Contributions to this project are welcome and encouraged! If you are unsure how to contribute, here is a guide from Github explaining the basic workflow. After cloning this repo, please run pip install -r requirements.txt to properly setup locally.
Below enumerates the general release process explicitly. This section is for internal use and most people do not have to worry about this. First note, that the dev branch is always a direct extension of master with the latest changes since the last release. That is, it is essentially a staging release branch.
- Change the version in
pyconll/_versionappropriately. - Merge dev into master locally. Github does not offer a fast forward merge and explicitly uses --no-ff. So to keep the linear nature of changes, merge locally to fast forward. This is assuming that the dev branch looks good on CI tests which do not automatically run in this situation.

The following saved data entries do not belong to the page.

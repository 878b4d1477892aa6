-- ===== src/Sha/Sha1/Update.antt =====
-- generic/sha1.c: SHA1Update. `none` is a write past the end of the buffer, or a loop that does
-- not end.
pub mod Counting
pub mod Loop
pub mod Refinement
use e2factory.Common.{
  ℕ, zero, suc, ◌+◌, ◌-◌, ◌*◌, ◌/◌, ◌%◌, ◌^◌, bit_and, Option, none, some, List, [], ◌∷◌, ◌++◌,
  Bytes, ltb, if◌then◌else◌, length, take, drop,
}
use e2factory.Sha.Words.{u32, ◌<<<◌, ◌>>>◌, memcpy}
use e2factory.Sha.Sha1.{Regs, Context, transform}

-- `for ( ; i + 63 < len; i += 64) SHA1Transform(context->state, &data[i]);`
unfoldable pub blocks_from : ℕ → ℕ → Bytes → ℕ → Regs → Option (Regs × ℕ)
blocks_from zero len input i st = none
blocks_from (suc fuel) len input i st =
    let rest = blocks_from fuel len input (u32 (i + 64)) (transform st (take 64 (drop i input))) in
    if ltb (u32 (i + 63)) len then rest else some (st, i)

-- The two counters of bits, with the carry by comparison.
unfoldable pub count_low : ℕ → ℕ → ℕ
count_low count0 len = u32 (count0 + (len <<< 3))

unfoldable pub count_high : ℕ → ℕ → ℕ → ℕ
unfolding count_low
count_high count0 count1 len =
    let carried = if ltb (count_low count0 len) (len <<< 3) then u32 (count1 + 1) else count1 in
    u32 (carried + (len >>> 29))

-- The last `memcpy`.
unfoldable pub keep_rest : Context → Bytes → ℕ → Bytes → ℕ → ℕ → Regs → Option Context
keep_rest context buffer j input i len st = elim (memcpy buffer j (drop i input) (len - i)) [
  | none ↦ none
  | some buffer' ↦ some (record context { state = st; buffer = buffer' })
]

-- The case in which the buffer fills up.
unfoldable pub fill_and_go : Context → ℕ → Bytes → ℕ → Option Context
fill_and_go context j input len = elim (memcpy context.buffer j input (64 - j)) [
  | none ↦ none
  | some buffer ↦
      elim (blocks_from (len / 64 + 1) len input (64 - j) (transform context.state buffer)) [
        | none ↦ none
        | some (st, i) ↦ keep_rest context buffer 0 input i len st
      ]
]

-- SHA1Update
unfoldable pub update : Context → Bytes → ℕ → Option Context
update context input len =
    let j = bit_and (context.count0 >>> 3) 63 in
    let counted = record context {
      count0 = count_low context.count0 len;
      count1 = count_high context.count0 context.count1 len;
    } in
    if ltb 63 (u32 (j + len))
    then fill_and_go counted j input len
    else keep_rest counted context.buffer j input 0 len context.state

- Push the master branch. This should start some CI tests specifically for master. After validating these results, create a tag corresponding to the next version number and push the tag.
- Create a new release from this tag from the Releases page. On creating this release, two workflows will start. One releases to pypi, and the other releases to conda.
- Validate these workflows pass, and the package is properly released on both platforms.